> **Exercise requirements**: Return only those lines of the records below in which "Bytes" appears.

·····

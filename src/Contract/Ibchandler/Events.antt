-- ===== src/Contract/Ibchandler/Events.antt =====
-- pkg/contract/ibchandler/ibchandler.go: the events.
use yui_ibc_solidity.Prelude.{ℕ, Bytes, List, [], Option, Bool, codes}
use yui_ibc_solidity.Prelude.Try.{Try}
use yui_ibc_solidity.Contract.Bound.{Basic}
use yui_ibc_solidity.Contract.Iterator as Iter
use yui_ibc_solidity.Contract.Iterator.{Iterator, Stream, Raised, Filterer, Unpacker, rule, parse}
use yui_ibc_solidity.Contract.Watch as WatchLoop
use yui_ibc_solidity.Contract.Watch.{Signal, Watched}
use yui_ibc_solidity.Contract.Ibchandler.Structs.{PacketData}

pub record AcknowledgePacket : Type 0 where
  pub packet : PacketData
  pub acknowledgement : Bytes

pub record RecvPacket : Type 0 where
  pub packet : PacketData

pub record SendPacket : Type 0 where
  pub packet : PacketData

pub record WriteAcknowledgement : Type 0 where
  pub destination_port_id : Bytes
  pub destination_channel : Bytes
  pub sequence : ℕ
  pub acknowledgement : Bytes

module _ {E Value FilterOpts WatchOpts Log : Type 0} (basic : Basic Value)
    (contract : Filterer E Value FilterOpts WatchOpts Log) where
  unfoldable pub filter_acknowledge_packet :
      FilterOpts → Try E (Iterator AcknowledgePacket Log E × Stream Log E)
  filter_acknowledge_packet opts = Iter.filter contract (codes "AcknowledgePacket") opts []

  unfoldable pub watch_acknowledge_packet :
      Unpacker E Log AcknowledgePacket
      → WatchOpts
      → List (Signal Log E)
      → Try E (Watched AcknowledgePacket Log E)
  watch_acknowledge_packet unpack opts signals =
      WatchLoop.watch contract unpack (codes "AcknowledgePacket") opts [] signals

  unfoldable pub parse_acknowledge_packet :
      Unpacker E Log AcknowledgePacket → Log → Try E (Raised AcknowledgePacket Log)
  parse_acknowledge_packet unpack log = parse unpack (codes "AcknowledgePacket") log

  unfoldable pub next_acknowledge_packet :
      Unpacker E Log AcknowledgePacket
      → Bool
      → Iterator AcknowledgePacket Log E
      → Stream Log E
      → Option (Bool × Iterator AcknowledgePacket Log E × Stream Log E)
  next_acknowledge_packet = Iter.next

  unfoldable pub filter_recv_packet : FilterOpts → Try E (Iterator RecvPacket Log E × Stream Log E)
  filter_recv_packet opts = Iter.filter contract (codes "RecvPacket") opts []

  unfoldable pub watch_recv_packet :
      Unpacker E Log RecvPacket → WatchOpts → List (Signal Log E) → Try E (Watched RecvPacket Log E)
  watch_recv_packet unpack opts signals =
      WatchLoop.watch contract unpack (codes "RecvPacket") opts [] signals

  unfoldable pub parse_recv_packet : Unpacker E Log RecvPacket → Log → Try E (Raised RecvPacket Log)
  parse_recv_packet unpack log = parse unpack (codes "RecvPacket") log

  unfoldable pub next_recv_packet :
      Unpacker E Log RecvPacket
      → Bool
      → Iterator RecvPacket Log E
      → Stream Log E
      → Option (Bool × Iterator RecvPacket Log E × Stream Log E)
  next_recv_packet = Iter.next

  unfoldable pub filter_send_packet : FilterOpts → Try E (Iterator SendPacket Log E × Stream Log E)
  filter_send_packet opts = Iter.filter contract (codes "SendPacket") opts []

  unfoldable pub watch_send_packet :
      Unpacker E Log SendPacket → WatchOpts → List (Signal Log E) → Try E (Watched SendPacket Log E)
  watch_send_packet unpack opts signals =
      WatchLoop.watch contract unpack (codes "SendPacket") opts [] signals

  unfoldable pub parse_send_packet : Unpacker E Log SendPacket → Log → Try E (Raised SendPacket Log)
  parse_send_packet unpack log = parse unpack (codes "SendPacket") log

  unfoldable pub next_send_packet :
      Unpacker E Log SendPacket
      → Bool
      → Iterator SendPacket Log E
      → Stream Log E
      → Option (Bool × Iterator SendPacket Log E × Stream Log E)
  next_send_packet = Iter.next

  unfoldable pub filter_write_acknowledgement :
      FilterOpts → Try E (Iterator WriteAcknowledgement Log E × Stream Log E)
  filter_write_acknowledgement opts = Iter.filter contract (codes "WriteAcknowledgement") opts []

  unfoldable pub watch_write_acknowledgement :
      Unpacker E Log WriteAcknowledgement
      → WatchOpts
      → List (Signal Log E)
      → Try E (Watched WriteAcknowledgement Log E)
  watch_write_acknowledgement unpack opts signals =
      WatchLoop.watch contract unpack (codes "WriteAcknowledgement") opts [] signals

  unfoldable pub parse_write_acknowledgement :
      Unpacker E Log WriteAcknowledgement → Log → Try E (Raised WriteAcknowledgement Log)
  parse_write_acknowledgement unpack log = parse unpack (codes "WriteAcknowledgement") log

  unfoldable pub next_write_acknowledgement :
      Unpacker E Log WriteAcknowledgement
      → Bool
      → Iterator WriteAcknowledgement Log E
      → Stream Log E
      → Option (Bool × Iterator WriteAcknowledgement Log E × Stream Log E)
  next_write_acknowledgement = Iter.next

·····

> **Written solution**:
use yui_ibc_solidity.Prelude.{ℕ, Bytes, List, [], Option, Bool, codes}
  pub acknowledgement : Bytes
  pub destination_port_id : Bytes
  pub destination_channel : Bytes
  pub acknowledgement : Bytes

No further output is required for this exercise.